> _Material for this exercise_
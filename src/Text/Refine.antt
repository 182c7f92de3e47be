-- ===== src/Text/Refine.antt =====
-- b_string.c against lists of bytes.
use archive_tar_builder.Prelude.{
  add64, Bool-cases, inl, inr, ◌+◌, ◌^◌, ◌<◌, ◌≡◌, refl, sym, ap, ◌∙◌, true, false, some, [], ◌∷◌,
  ◌++◌, arith, ◌==◌, Bytes, NoNul, c_str, strncpy, strlen, length, take, c_str-NoNul, strncpy-c_str,
  strncpy_all, NoNul-append, append_assoc, length-append, take-append_self, append-nil,
}
use archive_tar_builder.Text.{BString, new, dup, append, append_str}

-- The string object `s` holds the text `xs`: its bytes, a terminator, and the right length.
pub record IsText (s : BString) (xs : Bytes) : Type 0 where
  pub buffer : s.str ≡ xs ++ 0 ∷ []
  pub len_eq : s.len ≡ length xs
  pub no_nul : NoNul xs

-- A new string holds the bytes of its argument up to the terminator.
pub new-IsText : (str : Bytes) → (s : BString) × (new true str ≡ some s) × IsText s (c_str str)
unfolding new
new-IsText str = (
  record { str = strncpy (strlen str) str ++ 0 ∷ []; len = strlen str },
  refl,
  record {
    buffer = ap (λ t. t ++ 0 ∷ []) (strncpy-c_str str);
    len_eq = refl;
    no_nul = c_str-NoNul str;
  },
)

-- A duplicate is equal to the string.
pub dup-IsText : {s : BString} {xs : Bytes} → IsText s xs → dup true s ≡ some s
unfolding dup
dup-IsText {s} {xs} h = ap some (λ i. record {
  str =
      (ap (λ t. strncpy t s.str ++ 0 ∷ []) h.len_eq
          ∙ ap (λ t. strncpy (length xs) t ++ 0 ∷ []) h.buffer
          ∙ ap (λ t. t ++ 0 ∷ []) (strncpy_all xs (0 ∷ []) h.no_nul)
          ∙ sym h.buffer)
        i;
  len = s.len;
})

-- What both appending functions build: the old bytes, the added ones, a terminator.
append-IsText_bytes :
    {s : BString} {xs : Bytes} (ys : Bytes)
    → IsText s xs
    → NoNul ys
    → length xs + length ys < 2 ^ 64
    → IsText
        (record { str = take s.len s.str ++ (ys ++ 0 ∷ []); len = add64 s.len (length ys) })
        (xs ++ ys)
append-IsText_bytes {s} {xs} ys h no_nul small = record {
  buffer =
      ap (λ n. take n s.str ++ (ys ++ 0 ∷ [])) h.len_eq
      ∙ ap (λ t. take (length xs) t ++ (ys ++ 0 ∷ [])) h.buffer
      ∙ ap (λ t. t ++ (ys ++ 0 ∷ [])) (take-append_self xs (0 ∷ []))
      ∙ sym (append_assoc xs ys (0 ∷ []));
  len_eq = omega (arith, h.len_eq, length-append xs ys);
  no_nul = NoNul-append xs ys h.no_nul no_nul;
}

-- With its memory granted, appending a string object gives the concatenation of the texts, if that has
-- fewer than 2^64 bytes.
pub append-IsText :
    {s a : BString} {xs : Bytes} (ys : Bytes)
    → IsText s xs
    → IsText a ys
    → length xs + length ys < 2 ^ 64
    → (r : BString) × (append true s a ≡ some r) × IsText r (xs ++ ys)
unfolding append
append-IsText {s} {a} {xs} [] h k small =
    let none_added : (a.len == 0) ≡ true = ground (arith, k.len_eq) in
    rw (none_added, append-nil) (s, refl, h)
append-IsText {s} {a} {xs} (y ∷ ys) h k small =
    let some_added : (a.len == 0) ≡ false = ground (arith, k.len_eq) in
    let copied : strncpy a.len a.str ≡ y ∷ ys =
      ap (λ n. strncpy n a.str) k.len_eq
      ∙ ap (λ t. strncpy (length (y ∷ ys)) t) k.buffer
      ∙ strncpy_all (y ∷ ys) (0 ∷ []) k.no_nul in
    rw (some_added, copied, k.len_eq) (_, refl, append-IsText_bytes (y ∷ ys) h k.no_nul small)

no_bytes : (t : Bytes) → (length t == 0) ≡ true → t ≡ []
no_bytes [] e = refl
no_bytes (c ∷ t) e = ground arith

-- With its memory granted, appending a C string gives the concatenation with its bytes up to the
-- terminator, if that has fewer than 2^64 bytes.
pub append_str-IsText :
    {s : BString} {xs : Bytes} (add : Bytes)
    → IsText s xs
    → length xs + strlen add < 2 ^ 64
    → (r : BString) × (append_str true s add ≡ some r) × IsText r (xs ++ c_str add)
unfolding append_str
append_str-IsText {s} {xs} add h small = elim (Bool-cases (strlen add == 0)) [
  | inl e ↦ rw e (s, refl, rw (no_bytes (c_str add) e, append-nil) h)
  | inr e ↦
      rw (e, strncpy-c_str) (_, refl, append-IsText_bytes (c_str add) h (c_str-NoNul add) small)
]
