-- ===== src/Util/Texts.antt =====
-- The texts that b_string_join() puts together: lists of texts with a separator between them.
use archive_tar_builder.Prelude.{
  ℕ, zero, suc, ◌+◌, ◌*◌, ◌≡◌, refl, ap, ◌∙◌, List, [], ◌∷◌, ◌++◌, arith, Bytes, length,
  append_assoc, append-nil, length-append,
}
use archive_tar_builder.Text.{BString}
use archive_tar_builder.Text.Refine.{IsText}

-- The texts one after the other, with the separator between them.
unfoldable pub join_bytes : Bytes → List Bytes → Bytes
join_bytes sep [] = []
join_bytes sep (x ∷ []) = x
join_bytes sep (x ∷ y ∷ ys) = x ++ (sep ++ join_bytes sep (y ∷ ys))

-- Each object holds the text at its place.
abbrev pub AreTexts : List BString → List Bytes → Type 0
AreTexts [] [] = Unit {0}
AreTexts (s ∷ ss) (x ∷ xs) = IsText s x × AreTexts ss xs
AreTexts _ _ = ⊥

-- The separator, before all but the first.
unfoldable pub lead : Bytes → ℕ → Bytes
lead sep zero = []
lead sep (suc i) = sep

-- What the texts from the `i`-th on add to the result.
unfoldable pub tail_bytes : Bytes → ℕ → List Bytes → Bytes
unfolding lead
tail_bytes sep i [] = []
tail_bytes sep i (x ∷ xs) = (lead sep i ++ x) ++ tail_bytes sep (suc i) xs

pub tail_bytes_from :
    (sep : Bytes) (i : ℕ) (x : Bytes) (xs : List Bytes)
    → tail_bytes sep (suc i) (x ∷ xs) ≡ sep ++ join_bytes sep (x ∷ xs)
unfolding tail_bytes join_bytes
tail_bytes_from sep i x [] = append-nil (sep ++ x)
tail_bytes_from sep i x (y ∷ ys) =
    ap (λ t. (sep ++ x) ++ t) (tail_bytes_from sep (suc i) y ys)
    ∙ append_assoc sep x (sep ++ join_bytes sep (y ∷ ys))

pub tail_bytes-eq : (sep : Bytes) (xs : List Bytes) → tail_bytes sep 0 xs ≡ join_bytes sep xs
unfolding tail_bytes join_bytes
tail_bytes-eq sep [] = refl
tail_bytes-eq sep (x ∷ []) = append-nil x
tail_bytes-eq sep (x ∷ y ∷ ys) = ap (λ t. x ++ t) (tail_bytes_from sep 0 y ys)

unfoldable pub total : List Bytes → ℕ
total [] = 0
total (x ∷ xs) = length x + total xs

pub length-tail_bytes :
    (sep : Bytes) (i : ℕ) (xs : List Bytes)
    → length (tail_bytes sep (suc i) xs) ≡ length sep * length xs + total xs
unfolding tail_bytes total
length-tail_bytes sep i [] = omega arith
length-tail_bytes sep i (x ∷ xs) = omega (
  arith,
  length-append (sep ++ x) (tail_bytes sep (suc (suc i)) xs),
  length-append sep x,
  length-tail_bytes sep (suc i) xs,
)
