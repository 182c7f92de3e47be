-- ===== src/FilePath.antt =====
-- b_path.c: a path as the stack of its components, and its clean form.
-- Stacks are the lists that they hold (Stack/Refine) and string objects their texts (Text/Refine);
-- every allocation is granted.
pub mod Clean
use archive_tar_builder.Prelude.{
  ℕ, Bool, true, false, List, [], ◌∷◌, ◌++◌, ◌==◌, ◌&&◌, if◌then◌else◌, Bytes, c_str, str_eq, ltb,
  length, not,
}
use archive_tar_builder.Util.Texts.{join_bytes}

abbrev pub slash : ℕ
slash = b'/'

abbrev pub dot : Bytes
dot = b'.' ∷ []

-- strtok_r(3) with the delimiter "/" until it answers NULL: `token` is what is read of a token.
unfoldable pub flush : Bytes → List Bytes → List Bytes
flush [] rest = rest
flush (c ∷ token) rest = (c ∷ token) ∷ rest

unfoldable pub tokens_from : Bytes → Bytes → List Bytes
unfolding flush
tokens_from token [] = flush token []
tokens_from token (c ∷ s) = elim (c == slash) [
  | true ↦ flush token (tokens_from [] s)
  | false ↦ tokens_from (token ++ c ∷ []) s
]

unfoldable pub tokens : Bytes → List Bytes
unfolding tokens_from
tokens s = tokens_from [] s

-- `string->str[0] == '/'`
unfoldable pub is_absolute : Bytes → Bool
is_absolute [] = false
is_absolute (c ∷ s) = c == slash

-- The body of the loop: `parts` is the stack `ret`.
unfoldable pub add_item : Bool → List Bytes → Bytes → List Bytes
add_item absolute parts item =
    if ltb 0 (length parts) && str_eq item dot
    then parts
    else (if length parts == 0 && absolute then [] ∷ [] else parts) ++ item ∷ []

unfoldable pub add_items : Bool → List Bytes → List Bytes → List Bytes
unfolding add_item
add_items absolute parts [] = parts
add_items absolute parts (item ∷ items) = add_items absolute (add_item absolute parts item) items

-- b_path_new()
unfoldable pub new : Bytes → List Bytes
unfolding tokens add_items is_absolute c_str
new string =
    let parts = add_items (is_absolute string) [] (tokens (c_str string)) in
    if length parts == 0 && is_absolute string then (slash ∷ []) ∷ [] else parts

-- b_path_clean()
unfoldable pub clean : Bytes → Bytes
clean string = join_bytes (slash ∷ []) (new string)

-- b_path_clean_str()
unfoldable pub clean_str : Bytes → Bytes
clean_str str = clean (c_str str)
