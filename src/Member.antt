-- ===== src/Member.antt =====
-- b_builder.c: the header of a member, from its path and what lstat(2) says of it.
-- Stacks are the lists that they hold, the top last, and string objects their texts; every allocation
-- is granted. The sizes stay below the length of the path and cannot wrap.
pub mod Parts
pub mod Fits
use archive_tar_builder.Prelude.{
  ℕ, zero, suc, ◌+◌, ◌/◌, ◌%◌, Bool, true, false, Option, none, some, List, [], ◌∷◌, ◌++◌, reverse,
  ltb, leb, ◌==◌, ◌&&◌, ◌||◌, if◌then◌else◌, ◌>>=◌, Bytes, length,
}
use archive_tar_builder.Util.Texts.{join_bytes}
use archive_tar_builder.FilePath.{slash}
use archive_tar_builder.FilePath
use archive_tar_builder.Header.Layout.{Header}

-- What the source reads of a `struct stat`.
pub record Stat : Type 0 where
  pub mode : ℕ
  pub nlink : ℕ
  pub uid : ℕ
  pub gid : ℕ
  pub size : ℕ
  pub mtime : ℕ
  pub dev : ℕ
  pub ino : ℕ

-- `mode & S_IFMT`
unfoldable pub file_type : Stat → ℕ
file_type st = (st.mode / 0x1000) % 16

abbrev pub ififo : ℕ
ififo = 1

abbrev pub ifchr : ℕ
ifchr = 2

abbrev pub ifdir : ℕ
ifdir = 4

abbrev pub ifblk : ℕ
ifblk = 6

abbrev pub ifreg : ℕ
ifreg = 8

abbrev pub iflnk : ℕ
iflnk = 10

unfoldable pub inode_linktype : Stat → ℕ
unfolding file_type
inode_linktype st =
    let t = file_type st in
    if t == ifreg
    then b'0'
    else if t == ifdir
    then b'5'
    else if t == iflnk
    then b'2'
    else if t == ififo
    then b'6'
    else if t == ifchr
    then b'3'
    else if t == ifblk
    then b'4'
    else b'0'

-- The variables of path_split()
pub record Split : Type 0 where
  pub prefix_items : List Bytes
  pub suffix_items : List Bytes
  pub prefix_size : ℕ
  pub suffix_size : ℕ
  pub add_to_prefix : Bool

-- `if (size) size++; size += len;`
unfoldable pub grow : ℕ → ℕ → ℕ
grow size len = (if size == 0 then size else size + 1) + len

-- The two tests that send an item, and all before it, to the prefix.
unfoldable pub leaves_suffix : Bool → Split → Bytes → Bool
leaves_suffix is_dir s item =
    s.add_to_prefix
    || (ltb 0 s.suffix_size && leb 100 (s.suffix_size + length item))
    || (is_dir && leb 100 (s.suffix_size + length item + 1))

-- The body of the loop
unfoldable pub split_item : Bool → Split → Bytes → Split
unfolding leaves_suffix grow
split_item is_dir s item =
    if leaves_suffix is_dir s item
    then record s {
      prefix_items = s.prefix_items ++ item ∷ [];
      prefix_size = grow s.prefix_size (length item);
      add_to_prefix = true;
    }
    else record s {
      suffix_items = s.suffix_items ++ item ∷ [];
      suffix_size = grow s.suffix_size (length item);
      add_to_prefix = false;
    }

-- The loop, over the parts in the order in which they are popped.
unfoldable pub split_items : Bool → Split → List Bytes → Split
unfolding split_item
split_items is_dir s [] = s
split_items is_dir s (item ∷ items) = split_items is_dir (split_item is_dir s item) items

abbrev pub no_split : Split
no_split = record {
  prefix_items = [];
  suffix_items = [];
  prefix_size = 0;
  suffix_size = 0;
  add_to_prefix = false;
}

-- struct path_data
pub record PathData : Type 0 where
  pub prefix : Bytes
  pub suffix : Bytes
  pub truncated : Bool

-- The leading empty part of an absolute path is shifted off.
unfoldable pub strip_leading : List Bytes → List Bytes
strip_leading [] = []
strip_leading (p ∷ parts) = if length p == 0 then parts else p ∷ parts

-- path_split() behind its loop
unfoldable pub assemble : Bool → Split → PathData
assemble is_dir s = record {
  prefix = join_bytes (slash ∷ []) (reverse s.prefix_items);
  suffix = join_bytes (slash ∷ []) (reverse s.suffix_items) ++ (if is_dir then slash ∷ [] else []);
  truncated = ltb 100 (s.suffix_size + (if is_dir then 1 else 0)) || ltb 155 s.prefix_size;
}

unfoldable pub path_split : Bytes → Stat → Option PathData
unfolding file_type strip_leading split_items assemble
path_split path st =
    let parts = FilePath.new path in
    let is_dir = file_type st == ifdir in
    if length parts == 0
    then none
    else some (assemble is_dir (split_items is_dir no_split (reverse (strip_leading parts))))

unfoldable pub is_hardlink : Stat → Bool
unfolding file_type
is_hardlink st = file_type st == ifreg && ltb 1 st.nlink

-- b_string_len(ret->linkdest) > B_HEADER_LINKDEST_SIZE
unfoldable pub is_long : Option Bytes → Bool
is_long none = false
is_long (some linkdest) = ltb 100 (length linkdest)

-- The header before its link: `device_major` and `device_minor` are the macros of the system.
unfoldable pub plain_header : (ℕ → ℕ) → (ℕ → ℕ) → PathData → Stat → Header
unfolding file_type inode_linktype
plain_header device_major device_minor path_data st = record {
  suffix = some path_data.suffix;
  mode = st.mode;
  uid = st.uid;
  gid = st.gid;
  size = if file_type st == ifreg then st.size else 0;
  mtime = st.mtime;
  linktype = inode_linktype st;
  linkdest = none;
  user = none;
  group = none;
  major = device_major st.dev;
  minor = device_minor st.dev;
  prefix = some path_data.prefix;
  truncated = path_data.truncated;
  truncated_link = false;
}

-- The builder's service for hard links: asked about a device and an inode, for the member at hand.
abbrev pub HardlinkLookup : Type 0
HardlinkLookup = ℕ → ℕ → Option Bytes

unfoldable pub hard_link : Header → Stat → Option HardlinkLookup → Header
hard_link header st none = header
hard_link header st (some lookup) = elim (lookup st.dev st.ino) [
  | none ↦ header
  | some linkdest ↦ record header { linktype = b'1'; linkdest = some linkdest }
]

-- The link of a header: `link` is what b_readlink() returns, and NULL is an error.
unfoldable pub add_link : Header → Stat → Option Bytes → Option HardlinkLookup → Option Header
unfolding file_type is_hardlink hard_link
add_link header st link lookup =
    if file_type st == iflnk
    then (link >>= λ l. some (record header { linkdest = some l }))
    else some (if is_hardlink st then hard_link header st lookup else header)

unfoldable pub mark_long : Header → Header
unfolding is_long
mark_long header = record header { truncated_link = is_long header.linkdest }

unfoldable pub header_for_file :
    (ℕ → ℕ) → (ℕ → ℕ) → Option HardlinkLookup → Option Bytes → Bytes → Stat → Option Header
header_for_file device_major device_minor lookup link member_name st = do
  path_data ← path_split member_name st
  header ← add_link (plain_header device_major device_minor path_data st) st link lookup
  some (mark_long header)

> _Work instruction_
Starting at the line that has "then (link >>= λ" and ending at the line that has "(ℕ → ℕ) → (ℕ → ℕ) → Option", please write out the lines above exactly, leaving out all others.

> _Written response_
    then (link >>= λ l. some (record header { linkdest = some l }))
    else some (if is_hardlink st then hard_link header st lookup else header)

unfoldable pub mark_long : Header → Header
unfolding is_long
mark_long header = record header { truncated_link = is_long header.linkdest }

unfoldable pub header_for_file :
    (ℕ → ℕ) → (ℕ → ℕ) → Option HardlinkLookup → Option Bytes → Bytes → Stat → Option Header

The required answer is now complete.